Sebatang rokok telah habis ia isap, berkat lelakinya yang pergi bersama perempuan lain. Air mata telah habis kami tumpahkan bersama. Kami telah habis dengan masalah masing-masing. Kecuali perempuan yang duduk di tengah, matanya kering dari air mata. Namun bila kausingkap lengan bajunya, akan kaulihat luka di tangannya sebab depresi di benaknya.
Bicara soal depresi; bicara kesehatan mental. Apakah kita pernah betul-betul sehat?

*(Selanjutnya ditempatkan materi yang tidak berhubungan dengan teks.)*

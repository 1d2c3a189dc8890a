-- ===== src/Supervisor/Promises.antt =====
-- What the invariant promises between two operations, and so after every run (src/state.c).
use ninit.Prelude.{
  ℕ, ◌*◌, ◌≤◌, ◌<◌, ◌≡◌, ◌≢◌, ◌⊎◌, refl, ap, sym, ◌∙◌, Bool, true, false, not, List, none, arith,
  All, bit, sum_mono, sum-zero, count,
}
use native.Mathlib.Nat.{mul-le-mul_right}
use ninit.Graph.{Graph, IsWellFormed, dependents, order_only}
use ninit.Supervisor.Core.{Core}
use ninit.Supervisor.Invariant.Defs.{unreleased, owing, IsSettled}
use ninit.Supervisor.Sys.{Sys, World}
use ninit.Supervisor.Start.{svc_can_start}
use ninit.Supervisor.Steps.{Event, IsFor, run}
use ninit.Supervisor.Keeps.Events.{run-IsSettled}

at_most_one : (b : Bool) → bit b ≤ 1
at_most_one b = ground arith

-- A start that is allowed has nothing left to wait for.
nothing_unmet : (i : ℕ) (s : Sys) → svc_can_start i s ≡ none → s.core.unmet i ≡ 0
unfolding svc_can_start
nothing_unmet i s e = ground arith

none_left : (b : Bool) (k : ℕ) → bit (not b) * k ≡ 0 → k ≢ 0 → b ≡ true
none_left true k e h = refl
none_left false k e h = absurd (h (omega arith))

module _ (g : Graph) (wf : IsWellFormed g) where
  module _ (c : Core) (h : IsSettled g c) (d : ℕ) (l : d < g.n_svc) where
    unreleased-le : unreleased g c.released d ≤ (g.svcs d).unmet
    unreleased-le = omega (
      arith,
      wf.degrees d l,
      sum_mono g.n_svc (λ i. bit (not (c.released i)) * count d (dependents g i))
          (λ i. 1 * count d (dependents g i))
          (λ i m. mul-le-mul_right (count d (dependents g i)) (at_most_one (not (c.released i)))),
    )

    nothing_owed : owing g c.queue d ≡ 0
    unfolding owing
    nothing_owed = ap (λ q. owing g q d) h.resting.0

    settled-unmet : c.unmet d ≡ unreleased g c.released d
    settled-unmet =
        let fits = h.sound.flagged.linked.fits d l in
        let linked = h.sound.flagged.linked.linked d l in
        let small = wf.degree_small d l in
        let large = wf.small in let le = unreleased-le in let owed = nothing_owed in omega arith

  module _ (w : World) (es : List Event) (below : All (IsFor g) es) where
    -- After any run, the unmet count of a service is the number of its prerequisites that are not
    -- released.
    pub run-unmet :
        (d : ℕ)
        → d < g.n_svc
        → (run g w es).core.unmet d ≡ unreleased g (run g w es).core.released d
    run-unmet d l = settled-unmet (run g w es).core (run-IsSettled g wf w es below) d l

    -- After any run, a service that svc_can_start lets start has only prerequisites that are
    -- released, and each of them is up, unless its dependents are only ordered behind it.
    pub run-prerequisites :
        (i d : ℕ)
        → i < g.n_svc
        → d < g.n_svc
        → count d (dependents g i) ≢ 0
        → svc_can_start d (run g w es) ≡ none
        → ((run g w es).core.released i ≡ true)
          × (((run g w es).core.up i ≡ true) ⊎ (order_only g i ≡ true))
    run-prerequisites i d li ld depends can =
        let s = run g w es in
        let settled = run-IsSettled g wf w es below in
        let waits =
          sum-zero g.n_svc (λ j. bit (not (s.core.released j)) * count d (dependents g j))
            (sym (run-unmet d ld) ∙ nothing_unmet d s can) i li in
        let released = none_left (s.core.released i) (count d (dependents g i)) waits depends in
        (released, settled.sound.flagged.ready.released_up i released)
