-- ===== src/Examples.antt =====
-- A small image with a oneshot, a daemon behind it and a target behind that, a kernel that answers
-- simply, and the theorems at them.
mod Stop
mod Pids
mod Shell
mod Logging
mod Schedule
mod Text
mod Argv
mod Names
use ninit.Prelude.{
  range, ◌++◌, ℕ, ◌+◌, ◌≤◌, ◌≡◌, ◌≢◌, ◌⊎◌, count, refl, true, false, List, [], ◌∷◌, none, ◌==◌, ltb,
  if◌then◌else◌, arith, All, sum,
}
use ninit.Graph.{Graph, IsWellFormed, dependents, order_only}
use ninit.Verify.{
  RawSvc, Image, span_meets, reject, or_else, first, header_problem, section_problem, edge_problem,
  svc_problem, table_problem, ng_verify, graph_of,
}
use ninit.Verify.Accepted.{ng_verify-IsWellFormed}
use ninit.Supervisor.Sys.{exited, Read, Launch, World}
use ninit.Supervisor.Boot.{boot_core, boot_sys}
use ninit.Supervisor.Steps.{Event, reaped, execed, asked_for, turn, restart, shutdown, IsFor}
use ninit.Supervisor.Invariant.Defs.{unreleased, IsSound, IsSettled, IsResting}
use ninit.Supervisor.Start.{Why, svc_can_start}
use ninit.Supervisor.Output.{Sink, absorb_tail, absorb}
use ninit.Supervisor.Output.Lines.{take_bytes}
use ninit.Supervisor.Output.Whole.{absorb-take_bytes, absorb-append}
use ninit.Supervisor.Output.Tail.{last, absorb_tail-last, absorb_tail-append}
use ninit.Supervisor.Live.{live_add, live_has, live_del}
use ninit.Supervisor.Live.Listed.{IsListed, live_add-IsListed, live_del-IsListed}
use ninit.Supervisor.Promises.{run-unmet, run-prerequisites}
use ninit.Supervisor.Boot.{start_graph}
use ninit.Supervisor.Release.{release_loop, complete}
use ninit.Supervisor.Steps.{run, handle}
use ninit.Supervisor.Core.{go_down, poison}
use ninit.Supervisor.Start.{service_failed}
use ninit.Supervisor.Invariant.Sound.{go_down-IsSound}
use ninit.Supervisor.Invariant.Fail.{poison-IsSound}
use ninit.Supervisor.Keeps.Starts.{Good, service_failed-Good}
use ninit.Supervisor.Keeps.Releases.{complete-Good}
use ninit.Supervisor.Keeps.Boots.{boot_core-IsSound, start_graph-IsSettled}
use ninit.Supervisor.Keeps.Drains.{rounds_left}
use ninit.Supervisor.Keeps.Ends.{complete-IsResting, release_loop-ends}
use ninit.Supervisor.Keeps.Events.{handle-IsSettled, run-IsSettled}

abbrev sample_svc : ℕ → RawSvc
sample_svc i =
    if i == 0
    then record {
      unmet = 0;
      type = 0;
      flags = 1;
      n_desc = 2;
      notify_fd = 0;
      script_off = 0;
      name_off = 4;
    }
    else if i == 1
    then record {
      unmet = 1;
      type = 1;
      flags = 5;
      n_desc = 1;
      notify_fd = 0;
      script_off = 0;
      name_off = 8;
    }
    else record {
      unmet = 1;
      type = 2;
      flags = 0;
      n_desc = 0;
      notify_fd = 0;
      script_off = 4294967295;
      name_off = 12;
    }

abbrev sample : Image
sample = record {
  len = 200;
  aligned = true;
  magic_ok = true;
  version = 9;
  crc_ok = true;
  total_len = 200;
  n_svc = 3;
  n_roots = 1;
  n_edges = 2;
  blob_len = 16;
  off_svc = 64;
  off_rdep_off = 160;
  off_rdep_idx = 176;
  off_blob = 184;
  off_pol = 112;
  reserved = 0;
  blob_ends = true;
  svcs = sample_svc;
  pols = λ i. record {
    start_ms = 0;
    stop_ms = 0;
    retry_ms = 0;
    start_tries = 0;
    pflags = 0;
    exec_off = 4294967295;
  };
  roff = λ i. if ltb i 2 then i else 2;
  ridx = λ k. k + 1;
  name_bad = λ i. false;
  script_bad = λ i. false;
  exec_bad = λ i. false;
  names_clash = false;
}

sample_accepted : ng_verify sample ≡ none
unfolding ng_verify header_problem section_problem table_problem svc_problem edge_problem first
    reject or_else span_meets
sample_accepted = refl

abbrev sample_graph : Graph
sample_graph = graph_of sample

-- Every fork succeeds, every pipe is closed when it is read, and there are no cgroups.
abbrev sample_world : World
sample_world = record {
  now = λ t. 1000 + t;
  cg_ok = false;
  cg_kill = λ t. false;
  populated = λ t. none;
  cg_drop = λ t. false;
  launch = λ t. Launch.child (100 + t);
  read = λ t. Read.closed;
}

-- The oneshot ends, the daemon reports by its exec, is restarted by a client, and exits.
abbrev sample_events : List Event
sample_events = turn ∷ reaped 0 101 (exited 0) ∷ execed 1 ∷ asked_for restart 1 ∷ shutdown ∷ []

sample_below : All (IsFor sample_graph) sample_events
unfolding graph_of
sample_below = (tt, (omega arith, (omega arith, (omega arith, (tt, tt)))))

abbrev sample_well_formed : IsWellFormed sample_graph
sample_well_formed = ng_verify-IsWellFormed sample sample_accepted

sample_rounds : rounds_left sample_graph (boot_core sample_graph) ≤ 25
unfolding boot_core graph_of sum
sample_rounds = omega arith

ng_verify-IsWellFormed_example : IsWellFormed (graph_of sample)
ng_verify-IsWellFormed_example = ng_verify-IsWellFormed sample sample_accepted

run-IsSettled_example : IsSettled sample_graph (run sample_graph sample_world sample_events).core
run-IsSettled_example =
    run-IsSettled sample_graph sample_well_formed sample_world sample_events sample_below

run-unmet_example :
    (run sample_graph sample_world sample_events).core.unmet 1
    ≡ unreleased sample_graph (run sample_graph sample_world sample_events).core.released 1
run-unmet_example =
    run-unmet sample_graph sample_well_formed sample_world sample_events sample_below 1
      sample_below.1.1.0

handle-IsSettled_example :
    IsSettled sample_graph
      (handle sample_graph sample_world
        (reaped 0 101 (exited 0))
        (start_graph sample_graph sample_world)).core
handle-IsSettled_example =
    handle-IsSettled sample_graph sample_well_formed sample_world (reaped 0 101 (exited 0))
      (start_graph sample_graph sample_world) sample_below.1.0
      (start_graph-IsSettled sample_graph sample_well_formed sample_world)

complete-IsResting_example :
    IsResting (complete sample_graph sample_world 0 (boot_sys sample_graph)).core
unfolding boot_core
complete-IsResting_example =
    complete-IsResting sample_graph sample_well_formed sample_world 0 (boot_sys sample_graph)
      sample_below.1.0 (boot_core-IsSound sample_graph sample_well_formed) (refl, refl)

release_loop-ends_example :
    (release_loop sample_graph sample_world 25 (boot_sys sample_graph)).core.queue ≡ []
release_loop-ends_example =
    release_loop-ends sample_graph sample_well_formed sample_world 25 (boot_sys sample_graph)
      (boot_core-IsSound sample_graph sample_well_formed) sample_rounds

-- The daemon exits once it is up.
abbrev exit_events : List Event
exit_events = reaped 0 101 (exited 0) ∷ execed 1 ∷ reaped 1 104 (exited 1) ∷ []

exit_below : All (IsFor sample_graph) exit_events
unfolding graph_of
exit_below = (omega arith, (omega arith, (omega arith, tt)))

may_restart : svc_can_start 1 (run sample_graph sample_world exit_events) ≡ none
unfolding ninit.Supervisor.Core.mark_done ninit.Supervisor.Core.mark_running
    ninit.Supervisor.Core.set_up ninit.Supervisor.Core.reclaim_edge
    ninit.Supervisor.Core.reclaim_edges ninit.Supervisor.Core.reclaim_loop
    ninit.Supervisor.Core.reclaim ninit.Supervisor.Core.go_down ninit.Supervisor.Live.live_add
    ninit.Supervisor.Live.live_has ninit.Supervisor.Live.live_del ninit.Supervisor.Output.absorb
    ninit.Supervisor.Drain.signal_group ninit.Supervisor.Drain.kill_group
    ninit.Supervisor.Drain.svc_abandon ninit.Supervisor.Drain.close_fds
    ninit.Supervisor.Drain.maybe_free ninit.Supervisor.Drain.put_notes
    ninit.Supervisor.Drain.run_sink ninit.Supervisor.Drain.take_sink
    ninit.Supervisor.Drain.drain_read ninit.Supervisor.Drain.drain_out
    ninit.Supervisor.Start.launch_reset ninit.Supervisor.Start.launch_cgroup
    ninit.Supervisor.Start.launched ninit.Supervisor.Start.launch ninit.Supervisor.Start.spawn
    ninit.Supervisor.Start.svc_can_start ninit.Supervisor.Start.svc_try_start
    ninit.Supervisor.Release.svc_mark_done ninit.Supervisor.Release.release_target
    ninit.Supervisor.Release.release_service ninit.Supervisor.Release.release_edge
    ninit.Supervisor.Release.release_edges ninit.Supervisor.Release.release_loop
    ninit.Supervisor.Release.svc_release ninit.Supervisor.Release.complete
    ninit.Supervisor.Exit.take_down ninit.Supervisor.Exit.restart_schedule
    ninit.Supervisor.Exit.exited_done ninit.Supervisor.Exit.exited_running
    ninit.Supervisor.Exit.exited_settled ninit.Supervisor.Exit.exited_reaped
    ninit.Supervisor.Notify.report_ready ninit.Supervisor.Notify.exec_closed
    ninit.Supervisor.Notify.drain_exec ninit.Supervisor.Notify.child_exited
    ninit.Supervisor.Notify.reap_one ninit.Supervisor.Boot.boot_core
    ninit.Supervisor.Boot.start_root ninit.Supervisor.Boot.start_roots
    ninit.Supervisor.Boot.start_graph ninit.Supervisor.Steps.handle
    ninit.Supervisor.Steps.handle_all ninit.Supervisor.Steps.run graph_of
may_restart = refl

waits_for_oneshot : count 1 (dependents sample_graph 0) ≢ 0
unfolding graph_of count
waits_for_oneshot e = absurd (omega (arith, e))

run-prerequisites_example :
    ((run sample_graph sample_world exit_events).core.released 0 ≡ true)
    × (((run sample_graph sample_world exit_events).core.up 0 ≡ true)
        ⊎ (order_only sample_graph 0 ≡ true))
run-prerequisites_example =
    run-prerequisites sample_graph sample_well_formed sample_world exit_events exit_below 0 1
      exit_below.0 exit_below.1.0 waits_for_oneshot may_restart

-- a line of two bytes that is not finished
abbrev sample_sink : Sink
sample_sink = record { tail = 97 ∷ 98 ∷ []; line = 97 ∷ 98 ∷ []; notes = [] }

absorb-take_bytes_example :
    absorb (99 ∷ 10 ∷ 100 ∷ []) sample_sink
    ≡ take_bytes
        (99 ∷ 10 ∷ 100 ∷ [])
        (record sample_sink { tail = absorb_tail (97 ∷ 98 ∷ []) (99 ∷ 10 ∷ 100 ∷ []) })
absorb-take_bytes_example = absorb-take_bytes (99 ∷ 10 ∷ 100 ∷ []) sample_sink (omega arith)

absorb-append_example :
    absorb (10 ∷ 100 ∷ []) (absorb (99 ∷ []) sample_sink) ≡ absorb (99 ∷ 10 ∷ 100 ∷ []) sample_sink
absorb-append_example =
    absorb-append (99 ∷ []) (10 ∷ 100 ∷ []) sample_sink (omega arith) (omega arith)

Senja berangsur gelap, satu persatu serangga bermunculan dari balik semak-semak. Kami meninggalkan tempat itu, lalu aku berpindah ke suatu tempat dimana perhelatan pembukaan pameran sedang diselenggarakan. Sendirian, aku duduk di baris ketiga dari paling depan. Tepat di sebelah perempuan tinggi berkemeja putih, celana pendek, dan sepatu kets abu-abu. Tak lama setelah itu, baru kuketahui namanya: Fey. Seperti sebagian orang sebelumnya, ia mendugaku sebagai anak sekolah. Bukan masalah berarti bagiku.
Ketika pintu pameran dibuka, aku memasuki ruang berdinding putih dan berlantai keramik putih. Di sana, pemain musik memainkan tiga instrumen musik yang belum kuketahui namanya. Yang satu alat musik melodis, yang dua ritmis. Sangat indah.
Aku mengamati lukisan yang dipajang satu persatu. Langkahku terhenti pada satu karya interaktif. Pada karya itu, terdapat tulisan cut to feel dan background silakan direspon. Awalnya, tidak ada yang berani mengukir karya tersebut dengan alat yang telah disediakan di atas meja yang ditaruh tepat di bawah karya tersebut. Tak lama kemudian, datang seorang pria berumur 40an yang kemudian langsung meraba karya tersebut. Menariknya, ia melakukannya dengan tangan kiri, sebab tangan kanannya ia gunakan untuk menutup telinga kanannya. Sambil melakukan hal tersebut, bibir Sang Bapak komat-kamit namun tiada satu kata pun meluncur dari mulutnya. Entah apa yang ia pikirkan atau katakan. Beberapa orang justru menghampiri, mengamati karya dan Sang Bapak.
Sang Bapak kemudian mengambil alat yang disediakan kemudian mengukir sebagian latar belakang karya tersebut. Hanya sedikit, lalu ia pergi. Akhirnya, tindakannya disusul oleh orang-orang yang penasaran. Aku juga. Menarik.